SafeMed-R1: Adversarial Reinforcement Learning for Generalizable and Robust Medical Reasoning in Vision-Language Models
A.A. Gde Yogi Pramana , Jason Ray , Anthony Jaya , Michael Wijaya
Published on arXiv
2512.19317
Input Manipulation Attack
OWASP ML Top 10 — ML01
Key Finding
SafeMed-R1 maintains 84.45% accuracy under PGD attacks compared to ~25% for standard fine-tuned VLMs, a 59 percentage point improvement in adversarial robustness.
SafeMed-R1 (AT-GRPO)
Novel technique introduced
Vision--Language Models (VLMs) show significant promise for Medical Visual Question Answering (VQA), yet their deployment in clinical settings is hindered by severe vulnerability to adversarial attacks. Standard adversarial training, while effective for simpler tasks, often degrades both generalization performance and the quality of generated clinical reasoning. We introduce SafeMed-R1, a hybrid defense framework that ensures robust performance while preserving high-quality, interpretable medical reasoning.
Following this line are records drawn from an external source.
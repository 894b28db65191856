-- ===== src/Objectpacker/PackAny.antt =====
-- `PackAny` and `MustPackSlice` of objectpacker/objectpacker.go, and what they promise as the input of
-- a hash: the bytes say what the value means, and nothing else.
use mathlib.Core.List.{Permᴰ, Nodup}
use icinga_go_library.Prelude.{
  ℕ, ◌&&◌, ◌≡◌, refl, sym, ap, ap₂, ◌∙◌, Option, none, some, List, [], ◌∷◌, ◌++◌,
}
use icinga_go_library.Objectpacker.Value.{Bytes, GoType, Value, Values, Entries}
use icinga_go_library.Objectpacker.Writer.{
  Writer, Outcome, wrote, failed, panicked, Action, put, panic, buffer,
}
use icinga_go_library.Objectpacker.Sort.{sort_keys}
use icinga_go_library.Objectpacker.Sort.Order.{keys, sort_keys-Permᴰ, length-Permᴰ}
use icinga_go_library.Objectpacker.Counts.{pairs_count}
use icinga_go_library.Objectpacker.Pack.{pack_value, count_entries}
use icinga_go_library.Objectpacker.Tree.{
  Tree, encode, option_map, require, fields_of, sorted_fields, zero_packs_if, tree_of, pairs_of,
}
use icinga_go_library.Objectpacker.Emit.{IsTotal, emit, buffer-IsTotal}
use icinga_go_library.Objectpacker.Meaning.{value-emit}
use icinga_go_library.Objectpacker.Decode.{FitsTree}
use icinga_go_library.Objectpacker.Decode.RoundTrip.{encode-injective}

-- The arguments of a call with `items ...interface{}`.
unfoldable pub to_values : List Value → Values
to_values [] = Values.nil
to_values (v ∷ vs) = Values.cons (Value.interface v) (to_values vs)

module _ (sprint : Value → Bytes) where
  -- The error is wrapped, which changes neither the bytes nor whether there is one.
  unfoldable pub pack_any : (w : Writer) → Value → Action w
  unfolding pack_value
  pack_any w v = pack_value sprint w v

  -- `none` is a panic: its own on an error, or one of the packing.
  unfoldable pub must_pack_slice : List Value → Option Bytes
  unfolding pack_any to_values
  must_pack_slice items =
      elim (pack_any buffer (Value.list GoType.interface (to_values items)) []) [
        | wrote b ↦ some b
        | failed b ↦ none
        | panicked ↦ none
      ]

  -- what a packing into a buffer ends in, by the value's meaning
  abbrev pub written : Bytes → Option Tree → Outcome Bytes
  written out none = panicked
  written out (some t) = wrote (out ++ encode t)

  emit-written :
      (out : Bytes) (o : Option Tree) → emit buffer (option_map encode o) out ≡ written out o
  unfolding emit put panic
  emit-written out none = refl
  emit-written out (some t) = refl

  -- Packing into a buffer appends the encoding that the documentation specifies for what the value
  -- means, and panics exactly on the values that hold, or whose types would hold, a disallowed type.
  pub pack_any-encode :
      (v : Value) (out : Bytes) → pack_any buffer v out ≡ written out (tree_of sprint v)
  unfolding pack_any
  pack_any-encode v out =
      ap (λ (a : Action buffer). a out) (value-emit sprint buffer buffer-IsTotal v)
      ∙ emit-written out (tree_of sprint v)

  wrote-injective : (b c : Bytes) → ◌≡◌ {A = Outcome Bytes} (wrote b) (wrote c) → b ≡ c
  wrote-injective b c e = cc

  -- Two values that mean trees, and whose packings into an empty buffer are the same, mean the
  -- same tree, if the lengths and floats in both trees fit 64 bits.
  pub pack_any-injective :
      (v u : Value) {t s : Tree}
      → tree_of sprint v ≡ some t
      → tree_of sprint u ≡ some s
      → FitsTree t
      → FitsTree s
      → pack_any buffer v [] ≡ pack_any buffer u []
      → t ≡ s
  pack_any-injective v u {t} {s} means_t means_s fits_t fits_s same =
      let left = pack_any-encode v [] ∙ ap (written []) means_t in
      let right = pack_any-encode u [] ∙ ap (written []) means_s in
      let bytes = wrote-injective (encode t) (encode s) (sym left ∙ (same ∙ right)) in
      (encode-injective t s [] [] fits_t fits_s (ap (λ b. b ++ []) bytes)).0

  -- the meaning of a map by the number of its pairs and the sorted pairs
  map_tree : GoType → GoType → ℕ → List (Bytes × Option Tree) → Option Tree
  map_tree k e n sorted =
      require (zero_packs_if n k && zero_packs_if n e) (option_map Tree.object (fields_of sorted))

  tree_of_map :
      (k e : GoType) (es : Entries) {l : List (Bytes × Option Tree)}
      → pairs_of sprint es ≡ some l
      → tree_of sprint (Value.map k e es) ≡ map_tree k e (count_entries es) (sort_keys l)
  unfolding tree_of map_tree
  tree_of_map k e es h =
      ap
        (λ o.
          require (zero_packs_if (count_entries es) k && zero_packs_if (count_entries es) e)
            (option_map Tree.object (sorted_fields o)))
        h

  -- A map packs to the same bytes in whichever order its pairs are visited, on every writer that does
  -- not fail, if no two keys have the same bytes.
  pub pack_any-Permᴰ :
      (w : Writer) (t : IsTotal w) (k e : GoType) (es fs : Entries)
      {l m : List (Bytes × Option Tree)}
      → pairs_of sprint es ≡ some l
      → pairs_of sprint fs ≡ some m
      → Permᴰ l m
      → Nodup (keys l)
      → pack_any w (Value.map k e es) ≡ pack_any w (Value.map k e fs)
  unfolding pack_any
  pack_any-Permᴰ w t k e es fs {l} {m} es_pairs fs_pairs perm distinct =
      value-emit sprint w t (Value.map k e es)
      ∙ (ap (λ o. emit w (option_map encode o))
            (tree_of_map k e es es_pairs
              ∙ (ap₂ (map_tree k e)
                    (sym (pairs_count sprint es l es_pairs)
                      ∙ (length-Permᴰ perm ∙ pairs_count sprint fs m fs_pairs))
                    (sort_keys-Permᴰ perm distinct)
                  ∙ sym (tree_of_map k e fs fs_pairs)))
          ∙ sym (value-emit sprint w t (Value.map k e fs)))
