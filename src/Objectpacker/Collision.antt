-- ===== src/Objectpacker/Collision.antt =====
-- Maps with two keys of the same bytes, in objectpacker/objectpacker.go: the order in which Go visits
-- the pairs shows in the packed bytes.
use icinga_go_library.Prelude.{◌<◌, ◌^◌, false, ◌≡◌, ◌≢◌, refl, some, [], ◌∷◌, length, arith}
use icinga_go_library.Objectpacker.Value.{Bytes, GoType, Value, Entries}
use icinga_go_library.Objectpacker.Writer.{buffer}
use icinga_go_library.Objectpacker.Sort.{sort_keys, less}
use icinga_go_library.Objectpacker.Pack.{count_entries}
use icinga_go_library.Objectpacker.Tree.{Tree, Fields, tree_of, key_of, count_fields}
use icinga_go_library.Objectpacker.Decode.{FitsTree}
use icinga_go_library.Objectpacker.PackAny.{pack_any, pack_any-injective}

less_refl : (k : Bytes) → less k k ≡ false
unfolding less
less_refl [] = refl
less_refl (a ∷ k) = ground (arith, less_refl k)

first_field :
    {b c : Bytes} {t s : Tree} {fs gs : Fields}
    → Tree.object (Fields.field b t fs) ≡ Tree.object (Fields.field c s gs)
    → t ≡ s
first_field e = cc

module _ (sprint : Value → Bytes) (key elem : GoType) where
  -- a map of two pairs, visited in this order
  abbrev pub two_pairs : Value → Value → Value → Value → Value
  two_pairs k v j u = Value.map key elem (Entries.entry k v (Entries.entry j u Entries.end))

  two_pairs_tree :
      (k v j u : Value) {b : Bytes} {t s : Tree}
      → key_of sprint k (tree_of sprint k) ≡ some b
      → key_of sprint j (tree_of sprint j) ≡ some b
      → tree_of sprint v ≡ some t
      → tree_of sprint u ≡ some s
      → tree_of sprint (two_pairs k v j u)
        ≡ some (Tree.object (Fields.field b t (Fields.field b s Fields.end)))
  unfolding tree_of sort_keys count_entries
  two_pairs_tree k v j u {b} hk hj hv hu = rw (hk, hj, hv, hu) (rw (less_refl b))

  two_pairs-FitsTree :
      (b : Bytes) (t s : Tree)
      → length b < 2 ^ 64
      → FitsTree t
      → FitsTree s
      → FitsTree (Tree.object (Fields.field b t (Fields.field b s Fields.end)))
  unfolding FitsTree count_fields
  two_pairs-FitsTree b t s small fits_t fits_s = (omega arith, (small, fits_t, (small, fits_s, tt)))

  -- If two keys of a map have the same bytes, as float64(1) and "1" have in a map[any]T, and
  -- their values mean different trees, whose lengths and floats fit 64 bits as the length of the
  -- key does, then the two orders of visiting the pairs pack to different bytes.
  pub pack_any_collision :
      (k v j u : Value) {b : Bytes} {t s : Tree}
      → key_of sprint k (tree_of sprint k) ≡ some b
      → key_of sprint j (tree_of sprint j) ≡ some b
      → tree_of sprint v ≡ some t
      → tree_of sprint u ≡ some s
      → t ≢ s
      → length b < 2 ^ 64
      → FitsTree t
      → FitsTree s
      → pack_any sprint buffer (two_pairs k v j u) []
        ≢ pack_any sprint buffer (two_pairs j u k v) []
  pack_any_collision k v j u {b} {t} {s} hk hj hv hu differ small fits_t fits_s same = differ (
      first_field (
        pack_any-injective sprint (two_pairs k v j u) (two_pairs j u k v)
          (two_pairs_tree k v j u hk hj hv hu) (two_pairs_tree j u k v hj hk hu hv)
          (two_pairs-FitsTree b t s small fits_t fits_s)
          (two_pairs-FitsTree b s t small fits_s fits_t) same))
SafeMed-R1 employs a two-stage approach: at training time, we integrate Adversarial Training with Group Relative Policy Optimization (AT-GRPO) to explicitly robustify the reasoning process against worst-case perturbations; at inference time, we augment the model with Randomized Smoothing to provide certified $L_2$-norm robustness guarantees. We evaluate SafeMed-R1 on the OmniMedVQA benchmark across eight medical imaging modalities comprising over 88,000 samples. Our experiments reveal that standard fine-tuned VLMs, despite achieving 95\% accuracy on clean inputs, collapse to approximately 25\% under PGD attacks. In contrast, SafeMed-R1 maintains 84.45\% accuracy under the same adversarial conditions, representing a 59 percentage point improvement in robustness. Furthermore, we demonstrate that models trained with explicit chain-of-thought reasoning exhibit superior adversarial robustness compared to instruction-only variants, suggesting a synergy between interpretability and security in medical AI systems.
Key Contributions
- AT-GRPO: first framework combining adversarial training with Group Relative Policy Optimization to robustify VLM reasoning under worst-case perturbations without degrading chain-of-thought quality
- Hybrid empirical + certified defense: AT-GRPO at training time paired with Randomized Smoothing at inference time for certified L2-norm robustness guarantees
- Empirical finding that models trained with explicit chain-of-thought reasoning exhibit superior adversarial robustness, suggesting a synergy between interpretability and security
🛡️ Threat Analysis
Proposes a defense (SafeMed-R1) against adversarial visual perturbations (PGD, FGSM, C&W) on VLMs at inference time; the core contribution is a novel adversarial training method (AT-GRPO) that robustifies the VLM reasoning process against worst-case input perturbations, supplemented by Randomized Smoothing for certified L2-norm robustness guarantees.